Work to complete: Where a line below holds the string "Node", count it; then give the total without any other words.
┌─ Data to process
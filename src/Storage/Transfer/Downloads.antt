-- ===== src/Storage/Transfer/Downloads.antt =====
-- What a download of src/modelguard/storage/transfer.py leaves at its destination.
use mathlib.Core.Path.{subst}
use modelguard.Base.{
  ℕ, ◌≤◌, String, ◌≡◌, refl, sym, ap, Bool, true, false, ◌&&◌, ◌||◌, Option, List, [], ◌∷◌, arith,
}
use modelguard.Base.{◌==◌, string_eq, nat_eq, length, both, text_eq, if◌then◌else◌}
use modelguard.Base.Bytes.{Bytes}
use modelguard.Base.Result.{ok, require-holds, bind_elim, ok-injective}
use modelguard.Hashing.{
  FileDigest, ArtifactDigest, Node, digest_bytes, artifact_digest_from_files,
  canonical_manifest_bytes,
}
use modelguard.Storage.Blobs.{BlobStore, validate_sha256}
use modelguard.Storage.Blobs.Contract.{IsVerifying}
use modelguard.Storage.Manifests.{Value, parse_manifest, same_bytes}
use modelguard.Storage.Manifests.Accepted.{IsSafeManifest, parse_manifest-IsSafeManifest}
use modelguard.Storage.Transfer.{
  Tree, Artifact, one_file, tree, partition_colon, fetch_manifest, stage, tree_files,
  verify_rebuilt, download_tree, download_file, download_checked, download_artifact, is_absent,
  max_manifest_bytes,
}

nat_eq_holds : (m n : ℕ) → m == n ≡ true → m ≡ n
nat_eq_holds m n h = ground arith

module _ {ℓ} (sha256 : Bytes → String) (loads : Bytes → Option Value) {S : Type ℓ}
    (store : BlobStore S) (verifying : IsVerifying sha256 store) where
  -- The bytes are those of the digest: of a tree, the files are those of a safe manifest that has it.
  abbrev pub IsOfDigest : String → ℕ → ℕ → Artifact → Type 0
  IsOfDigest expected max_total_bytes max_files (one_file content) =
      (sha256 content ≡ expected) × (length content ≤ max_total_bytes)
  IsOfDigest expected max_total_bytes max_files (tree t) =
      (d : ArtifactDigest) × (artifact_digest_from_files sha256 "directory"
          (tree_files sha256 loads store t)
        ≡ ok d)
      × (d.digest ≡ expected)
      × IsSafeManifest max_files max_total_bytes (tree_files sha256 loads store t)

  stage-tree_files :
      (s : S) (files : List FileDigest) (t : Tree)
      → stage sha256 loads store s files ≡ ok t
      → tree_files sha256 loads store t ≡ files
  unfolding stage
  stage-tree_files s [] t h = ap (tree_files sha256 loads store) (sym (ok-injective h))
  stage-tree_files s (entry ∷ files) t h =
      bind_elim (store.get_blob s entry.sha256 entry.size) _ h λ content at_content h1.
        let (sized, h2) = require-holds (length content == entry.size) _ _ t h1 in
        bind_elim (stage sha256 loads store s files) _ h2 λ rest at_rest h3.
          let same : digest_bytes sha256 entry.path content ≡ entry = λ i. record {
            path = entry.path;
            sha256 = verifying.genuine s entry.sha256 entry.size content at_content i;
            size = nat_eq_holds (length content) entry.size sized i;
          } in
          rw (← ok-injective h3, stage-tree_files s files rest at_rest, same) refl

  fetched :
      (s : S) (expected : String) (max_files max_total_bytes : ℕ) (files : List FileDigest)
      → fetch_manifest sha256 loads store s expected max_files max_total_bytes ≡ ok files
      → IsSafeManifest max_files max_total_bytes files
        × ((d : ArtifactDigest) × (artifact_digest_from_files sha256 "directory" files ≡ ok d)
            × (d.digest ≡ expected))
  unfolding fetch_manifest
  fetched s expected max_files max_total_bytes files h =
      bind_elim (store.get_blob s expected max_manifest_bytes) _ h λ raw _ h1.
        bind_elim (parse_manifest loads raw max_files max_total_bytes) _ h1 λ found at_found h2.
          bind_elim (artifact_digest_from_files sha256 "directory" found) _ h2 λ d at_d h3.
            let (canonical, h4) =
              require-holds
                (d.digest == expected && same_bytes (canonical_manifest_bytes found) raw) _ _ files
                h3 in
            let e = ok-injective h4 in
            (
              subst (IsSafeManifest max_files max_total_bytes) e (
                  parse_manifest-IsSafeManifest loads raw max_files max_total_bytes found at_found),
              (
                d,
                rw (← e) at_d,
                text_eq d.digest expected (both (d.digest == expected) _ canonical).0,
              ),
            )

  download_file-IsOfDigest :
      (s : S) (expected : String) (max_total_bytes max_files : ℕ) (a : Artifact)
      → download_file sha256 loads store s expected max_total_bytes ≡ ok a
      → IsOfDigest expected max_total_bytes max_files a
  unfolding download_file
  download_file-IsOfDigest s expected max_total_bytes max_files a h =
      bind_elim (store.get_blob s expected max_total_bytes) _ h λ content at_content h1.
        subst (IsOfDigest expected max_total_bytes max_files) (ok-injective h1) (
          verifying.genuine s expected max_total_bytes content at_content,
          verifying.bounded s expected max_total_bytes content at_content,
        )

  download_tree-IsOfDigest :
      (s : S) (expected : String) (max_total_bytes max_files : ℕ) (verify_after : Bool)
      (a : Artifact)
      → download_tree sha256 loads store s expected max_total_bytes max_files verify_after ≡ ok a
      → IsOfDigest expected max_total_bytes max_files a
  unfolding download_tree
  download_tree-IsOfDigest s expected max_total_bytes max_files verify_after a h =
      bind_elim (fetch_manifest sha256 loads store s expected max_files max_total_bytes) _ h
        λ files at_files h1. bind_elim (stage sha256 loads store s files) _ h1 λ built at_built h2.
          bind_elim (verify_rebuilt sha256 loads store built expected verify_after) _ h2 λ _ _ h3.
            let (safe, (d, made, same)) =
              fetched s expected max_files max_total_bytes files at_files in
            let e = stage-tree_files s files built at_built in
            subst (IsOfDigest expected max_total_bytes max_files) (ok-injective h3)
              (d, rw e made, same, rw e safe)

  -- Whatever a download leaves at its destination has the digest that was asked for, keeps within the
  -- limits and, if it is a tree, has safe paths only; and nothing was at the destination before.
  pub download_artifact-IsOfDigest :
      (s : S) (artifact_digest artifact_type : String) (dest : Option Node)
      (max_total_bytes max_files : ℕ) (verify_after : Bool) (a : Artifact)
      → download_artifact sha256 loads store s artifact_digest artifact_type dest max_total_bytes
          max_files verify_after
        ≡ ok a
      → IsOfDigest (partition_colon artifact_digest).1 max_total_bytes max_files a
        × (is_absent dest ≡ true)
  unfolding download_artifact download_checked
  download_artifact-IsOfDigest s artifact_digest artifact_type dest max_total_bytes max_files
        verify_after a h =
      let (_, h1) = require-holds ((partition_colon artifact_digest).0 == "sha256") _ _ a h in
      bind_elim (validate_sha256 (partition_colon artifact_digest).1) _ h1 λ _ _ h2.
        let (_, h3) =
          require-holds (artifact_type == "file" || artifact_type == "directory") _ _ a h2 in
        let (vacant, h4) = require-holds (is_absent dest) _ _ a h3 in
        (by_type (artifact_type == "file") h4, vacant)
    where
      by_type :
          (is_file : Bool)
          → (if is_file
              then download_file sha256 loads store s
                  (partition_colon artifact_digest).1
                  max_total_bytes
              else download_tree sha256 loads store s
                  (partition_colon artifact_digest).1
                  max_total_bytes
                  max_files
                  verify_after)
            ≡ ok a
          → IsOfDigest (partition_colon artifact_digest).1 max_total_bytes max_files a
      by_type true k =
          download_file-IsOfDigest s (partition_colon artifact_digest).1 max_total_bytes max_files a
            k
      by_type false k =
          download_tree-IsOfDigest s (partition_colon artifact_digest).1 max_total_bytes max_files
            verify_after a k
└─
Answer for this exercise: 2